From the records below, output exactly the lines running from the line containing "(t : MerkleTree) (key value : Bytes)" through the line containing "t.snapshot.leaves node s", and no others.

(TASK MATERIAL Opens)

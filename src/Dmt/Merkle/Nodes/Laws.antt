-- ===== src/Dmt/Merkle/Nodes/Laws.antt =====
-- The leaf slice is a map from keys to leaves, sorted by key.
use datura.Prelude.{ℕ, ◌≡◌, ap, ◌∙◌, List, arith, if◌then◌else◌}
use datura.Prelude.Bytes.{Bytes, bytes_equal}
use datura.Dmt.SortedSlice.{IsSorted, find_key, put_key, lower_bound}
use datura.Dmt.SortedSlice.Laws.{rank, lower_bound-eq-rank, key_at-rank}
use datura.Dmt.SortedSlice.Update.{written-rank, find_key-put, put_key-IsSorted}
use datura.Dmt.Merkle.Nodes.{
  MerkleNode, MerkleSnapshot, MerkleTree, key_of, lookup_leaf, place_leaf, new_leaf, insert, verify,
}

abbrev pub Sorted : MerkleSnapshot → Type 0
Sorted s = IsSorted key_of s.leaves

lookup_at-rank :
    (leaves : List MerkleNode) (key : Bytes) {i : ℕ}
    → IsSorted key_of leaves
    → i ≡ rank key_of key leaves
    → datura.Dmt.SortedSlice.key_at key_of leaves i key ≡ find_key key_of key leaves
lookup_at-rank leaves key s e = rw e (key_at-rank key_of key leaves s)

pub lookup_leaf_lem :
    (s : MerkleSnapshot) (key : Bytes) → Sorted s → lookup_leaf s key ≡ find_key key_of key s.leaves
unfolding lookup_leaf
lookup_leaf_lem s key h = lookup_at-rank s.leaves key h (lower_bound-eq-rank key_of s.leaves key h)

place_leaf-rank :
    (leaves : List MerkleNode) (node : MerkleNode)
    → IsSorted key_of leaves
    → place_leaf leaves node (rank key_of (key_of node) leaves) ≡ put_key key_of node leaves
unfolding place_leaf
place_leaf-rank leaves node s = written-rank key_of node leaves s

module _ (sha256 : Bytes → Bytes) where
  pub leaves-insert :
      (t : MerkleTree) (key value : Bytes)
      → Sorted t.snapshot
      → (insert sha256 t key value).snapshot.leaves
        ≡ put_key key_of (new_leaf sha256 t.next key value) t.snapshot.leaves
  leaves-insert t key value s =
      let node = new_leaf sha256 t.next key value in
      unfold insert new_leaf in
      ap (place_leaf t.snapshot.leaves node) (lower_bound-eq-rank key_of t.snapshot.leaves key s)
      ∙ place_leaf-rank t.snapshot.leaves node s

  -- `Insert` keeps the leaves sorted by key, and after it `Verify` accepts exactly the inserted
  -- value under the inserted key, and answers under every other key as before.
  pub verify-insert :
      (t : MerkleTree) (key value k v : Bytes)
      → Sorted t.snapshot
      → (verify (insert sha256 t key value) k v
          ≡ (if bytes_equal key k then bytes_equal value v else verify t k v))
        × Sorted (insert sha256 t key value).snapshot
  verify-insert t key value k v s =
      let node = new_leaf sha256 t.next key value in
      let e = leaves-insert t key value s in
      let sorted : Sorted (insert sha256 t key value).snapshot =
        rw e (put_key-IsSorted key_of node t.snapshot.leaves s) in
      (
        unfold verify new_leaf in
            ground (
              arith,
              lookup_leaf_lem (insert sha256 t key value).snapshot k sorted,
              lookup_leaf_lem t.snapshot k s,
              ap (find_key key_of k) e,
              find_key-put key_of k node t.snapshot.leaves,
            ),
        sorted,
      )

(TASK MATERIAL Closes)

**TASK OUTPUT:**
      (t : MerkleTree) (key value : Bytes)
      → Sorted t.snapshot
      → (insert sha256 t key value).snapshot.leaves
        ≡ put_key key_of (new_leaf sha256 t.next key value) t.snapshot.leaves
  leaves-insert t key value s =
      let node = new_leaf sha256 t.next key value in
      unfold insert new_leaf in
      ap (place_leaf t.snapshot.leaves node) (lower_bound-eq-rank key_of t.snapshot.leaves key s)
      ∙ place_leaf-rank t.snapshot.leaves node s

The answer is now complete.